死の臭いがする
髪の毛がすごい勢いで抜けている。
すごい勢いだ。
毛が多い私でも、いつかは禿げるだろう。
正直、坊主にして良かった。
息子に多少でも気づかれるのが遅くなるだろう。
息子が私が坊主にしたときの、あの落胆ぶり。本当に怒っていた。
母親は美しくあらねばならないのだろう。彼の中では。
若く清潔感があるというのは、それだけで美しい。
それがどうだ。私は。
急速に衰えていっている。
鏡を見るのが苦痛だ。
肌も汚い。がさがさするのもそうだが、完全にくすんでいる。
シャネル&ストラヴィンスキーという本を読んだ。
今、読むべきでなかったかもしれない。
シャネルとストラヴィンスキーの恋物語だが、私はストラヴィンスキーの妻に感情移入した。
肺病を患う彼女・・・。
肉体的にも美しいシャネル。肉体と才能に魅了されるストラヴィンスキー。
ストラヴィンスキーの妻、カテリーヌには、常に死の臭いが付きまとう。
カテリーナからみた二人に対する気持ち−病人からみた魅力的な人間に対する嫉妬。

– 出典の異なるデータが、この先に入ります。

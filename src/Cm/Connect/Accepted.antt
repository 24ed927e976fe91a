-- ===== src/Cm/Connect/Accepted.antt =====
-- What an accepted Connect request satisfies.
use pnio_rs.Prelude.{
  All-map, ℕ, suc, ap, if◌then◌else◌, ◌+◌, ◌≤◌, ◌≡◌, ◌≢◌, arith, refl, subst, Bool, true, false,
  Option, none, some,
}
use pnio_rs.Prelude.{All, ◌==◌, ok, ◌>>=◌, >>=-eq-ok}
use pnio_rs.Prelude.{for_each, for_each-ok}
use pnio_rs.Rpc.Uuid.{nil_uuid, uuid_eq_refl}
use pnio_rs.Cm.Model.{DeviceModel, SubmoduleModel, SlotModel, find_slot, find_submodule}
use pnio_rs.Cm.Requests.{
  IocrObject, IocrBlockReq, ExpectedSubmodule, ExpectedApi, ExpectedSubmoduleBlockReq,
}
use pnio_rs.Cm.Connect.{ConnectReq, IocrParams, ArParams}
use pnio_rs.Cm.Connect.Validate.{
  validate, validate_crs, find_crs, check_frame_ids, check_expected, check_api, check_submodule,
  check_iocr_data_length, check_io_data, check_iocs, select_output_frame_id, output_frame_id,
  from_req, params_of, model_len, io_data_of, iocs_of, described_length, find_frame_id, unwrap_or,
}

-- The data of an object lies in the CR's data, with the IOPS byte behind it.
abbrev pub FitsObject : DeviceModel → Bool → ℕ → IocrObject → Type 0
FitsObject model is_output_cr data_length obj =
    (sm : SubmoduleModel) × (find_submodule model obj.slot obj.subslot ≡ some sm)
    × (obj.frame_offset + model_len is_output_cr sm + 1 ≤ data_length)

abbrev pub FitsCr : DeviceModel → Bool → IocrParams → Type 0
FitsCr model is_output_cr cr =
    All (FitsObject model is_output_cr cr.data_length) cr.io_data
    × All (λ (obj : IocrObject). obj.frame_offset + 1 ≤ cr.data_length) cr.iocs

-- The model has the expected submodule, of the same identity and lengths.
abbrev pub HasSubmodule : DeviceModel → ℕ → ExpectedSubmodule → Type 0
HasSubmodule model slot sm =
    (m : SubmoduleModel) × (find_submodule model slot sm.subslot ≡ some m)
    × (m.submodule_ident ≡ sm.submodule_ident)
    × (m.input_len ≡ described_length sm.input)
    × (m.output_len ≡ described_length sm.output)

abbrev pub HasApi : DeviceModel → ExpectedApi → Type 0
HasApi model api =
    ((s : SlotModel) → find_slot model api.slot ≡ some s → s.module_ident ≡ api.module_ident)
    × All (HasSubmodule model api.slot) api.submodules

abbrev pub HasBlock : DeviceModel → ExpectedSubmoduleBlockReq → Type 0
HasBlock model block = All (HasApi model) block.apis

pub record IsAccepted (req : ConnectReq) (model : DeviceModel) (p : ArParams) : Type 0 where
  pub uuid_lem : p.ar_uuid ≢ nil_uuid
  pub same_uuid : p.ar_uuid ≡ req.ar.ar_uuid
  pub same_session : p.session_key ≡ req.ar.session_key
  pub input_low : 0x8000 ≤ p.input_cr.frame_id
  pub input_high : p.input_cr.frame_id ≤ 0xBBFF
  pub output_low : 0x8000 ≤ p.output_cr.frame_id
  pub output_high : p.output_cr.frame_id ≤ 0xBBFF
  pub input_fits : FitsCr model false p.input_cr
  pub output_fits : FitsCr model true p.output_cr
  pub expected_fit : All (HasBlock model) req.expected

fits_found :
    (model : DeviceModel) (o : Bool) (len : ℕ) (obj : IocrObject) (r : Option SubmoduleModel)
    → find_submodule model obj.slot obj.subslot ≡ r
    → check_io_data model o len obj ≡ ok tt
    → FitsObject model o len obj
unfolding check_io_data
fits_found model o len obj none e h = absurd (ground arith)
fits_found model o len obj (some sm) e h = (sm, e, ground arith)

fits_iocs : (len : ℕ) (obj : IocrObject) → check_iocs len obj ≡ ok tt → obj.frame_offset + 1 ≤ len
unfolding check_iocs
fits_iocs len obj h = ground arith

fits_cr :
    (model : DeviceModel) (o : Bool) (cr : IocrBlockReq)
    → check_iocr_data_length cr model o ≡ ok tt
    → FitsCr model o (from_req cr)
unfolding check_iocr_data_length from_req
fits_cr model o cr h = (
  All-map (λ obj. fits_found model o cr.data_length obj _ refl) (io_data_of cr.apis)
      (for_each-ok (check_io_data model o cr.data_length) (io_data_of cr.apis) (ground arith)),
  All-map (fits_iocs cr.data_length) (iocs_of cr.apis)
      (for_each-ok (check_iocs cr.data_length) (iocs_of cr.apis) (ground arith)),
)

has_found :
    (model : DeviceModel) (slot : ℕ) (sm : ExpectedSubmodule) (r : Option SubmoduleModel)
    → find_submodule model slot sm.subslot ≡ r
    → check_submodule model slot sm ≡ ok tt
    → HasSubmodule model slot sm
unfolding check_submodule
has_found model slot sm none e h = absurd (ground arith)
has_found model slot sm (some m) e h = (m, e, ground arith, ground arith, ground arith)

has_api : (model : DeviceModel) (api : ExpectedApi) → check_api model api ≡ ok tt → HasApi model api
unfolding check_api
has_api model api h = (
  λ s e. ground arith,
  All-map (λ sm. has_found model api.slot sm _ refl) api.submodules
      (for_each-ok (check_submodule model api.slot) api.submodules (ground arith)),
)

has_block :
    (model : DeviceModel) (block : ExpectedSubmoduleBlockReq)
    → check_expected model block ≡ ok tt
    → HasBlock model block
unfolding check_expected
has_block model block h = All-map (has_api model) block.apis (for_each-ok _ _ h)

find_frame_id_lem :
    (n id input_id : ℕ)
    → find_frame_id (suc (suc n)) id input_id ≡ some (if id == input_id then id + 1 else id)
unfolding find_frame_id
find_frame_id_lem n id input_id = ground arith

select_lem :
    (input_id : ℕ)
    → select_output_frame_id input_id ≡ (if 0x8001 == input_id then 0x8002 else 0x8001)
unfolding select_output_frame_id
select_lem input_id =
    ap (λ (r : Option ℕ). unwrap_or r 0x8001) (find_frame_id_lem 0x3BFD 0x8001 input_id)

-- The frame ID that the device selects for its Output CR is in the range of cyclic data and is not
-- the Input CR's.
pub select_output_frame_id_lem :
    (input_id : ℕ)
    → (0x8001 ≤ select_output_frame_id input_id)
      × (select_output_frame_id input_id ≤ 0xBBFF)
      × (select_output_frame_id input_id ≢ input_id)
select_output_frame_id_lem input_id = ground (arith, select_lem input_id)

output_range :
    (i o : ℕ)
    → check_frame_ids i o ≡ ok tt
    → (0x8000 ≤ i) × (i ≤ 0xBBFF) × (0x8000 ≤ output_frame_id i o) × (output_frame_id i o ≤ 0xBBFF)
unfolding check_frame_ids
output_range i o h = ground (arith, select_output_frame_id_lem i)

module _ (req : ConnectReq) (model : DeviceModel) where
  crs-IsAccepted :
      (i o : IocrBlockReq)
      → req.ar.ar_uuid ≢ nil_uuid
      → check_frame_ids i.frame_id o.frame_id ≡ ok tt
      → for_each (check_expected model) req.expected ≡ ok tt
      → check_iocr_data_length i model false ≡ ok tt
      → check_iocr_data_length o model true ≡ ok tt
      → IsAccepted req model (params_of req model i o)
  unfolding from_req
  crs-IsAccepted i o hn hf he hi ho =
      let (il, ih, ol, oh) = output_range i.frame_id o.frame_id hf in
      record {
        uuid_lem = hn;
        same_uuid = refl;
        same_session = refl;
        input_low = il;
        input_high = ih;
        output_low = ol;
        output_high = oh;
        input_fits = fits_cr model false i hi;
        output_fits = fits_cr model true o ho;
        expected_fit =
            All-map (has_block model) req.expected
              (for_each-ok (check_expected model) req.expected he);
      }

  crs_ok :
      (crs : IocrBlockReq × IocrBlockReq) (p : ArParams)
      → req.ar.ar_uuid ≢ nil_uuid
      → validate_crs req model crs ≡ ok p
      → IsAccepted req model p
  crs_ok (i, o) p hn h =
      let e : params_of req model i o ≡ p = ground arith in
      subst (IsAccepted req model) e
        (crs-IsAccepted i o hn (ground arith) (ground arith) (ground arith) (ground arith))

-- A request that is accepted names an AR, its frame IDs are in the range of cyclic data also when
-- the device chose one, the objects of both CRs lie in the CRs' data, and the model has the expected
-- submodules with the same identities and lengths.
pub validate-ok :
    (req : ConnectReq) (model : DeviceModel) (p : ArParams)
    → validate req model ≡ ok p
    → IsAccepted req model p
unfolding validate
validate-ok req model p h =
    let hv : (find_crs req.iocrs >>= validate_crs req model) ≡ ok p = ground arith in
    let (crs, e, h') = >>=-eq-ok (find_crs req.iocrs) (validate_crs req model) hv in
    crs_ok req model crs p (λ e. ground (arith, uuid_eq_refl nil_uuid)) h'
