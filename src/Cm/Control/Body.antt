-- ===== src/Cm/Control/Body.antt =====
-- crates/pnio/src/cm/control.rs: the 26-byte body that all six control blocks share.
use pnio_rs.Prelude.{ℕ, Bytes, Result}
use pnio_rs.Rpc.Uuid.{Uuid}
use pnio_rs.Cm.Block.{BlockError}
use pnio_rs.Cm.Cursor.{Reader, ◌>>=◌, pure, run, u16, uuid}

pub record ControlFields : Type 0 where
  pub ar_uuid : Uuid
  pub session_key : ℕ
  pub command : ℕ
  pub properties : ℕ

read_fields : Reader ControlFields
read_fields = do
  reserved_1 ← u16
  ar_uuid ← uuid
  session_key ← u16
  reserved_2 ← u16
  command ← u16
  properties ← u16
  pure (record {
    ar_uuid = ar_uuid;
    session_key = session_key;
    command = command;
    properties = properties;
  })

unfoldable pub parse_fields : Bytes → Result BlockError ControlFields
unfolding read_fields
parse_fields body = run read_fields body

自分の人生を奪われた気持ち。
彼女は病の体でありながら、自立する道を選ぶ。
苦しかった。読みながら、彼女のように気持ちを強く持てるか心配だった。
そして、美しいシャネルに対する嫉妬心が、痛いほど良く分かった。
病気だから、健康な人と比べても仕方がない。
そうかもしれない。
私は健康な人と比較しているのか・・・それもあるかもしれないけど、比較よりも、今の自分が非生産的で美しくないと思っていることが原因だと思う。
胸がない。
胸の傷にはまだ、ガーゼが張られている。
まだ感覚はない。
脇の傷はガーゼが取れている。
脇もまだ感覚はない。
そして、その縫い口は・・・酷いと思った。
私の体は、もう再起不能だと思った。
まだ傷口が膨らんでいる。でも触っても、感覚がない。
傷が痛々しい。
息子にもまだ見せていない。
いったい、いつになったら治るんだろう。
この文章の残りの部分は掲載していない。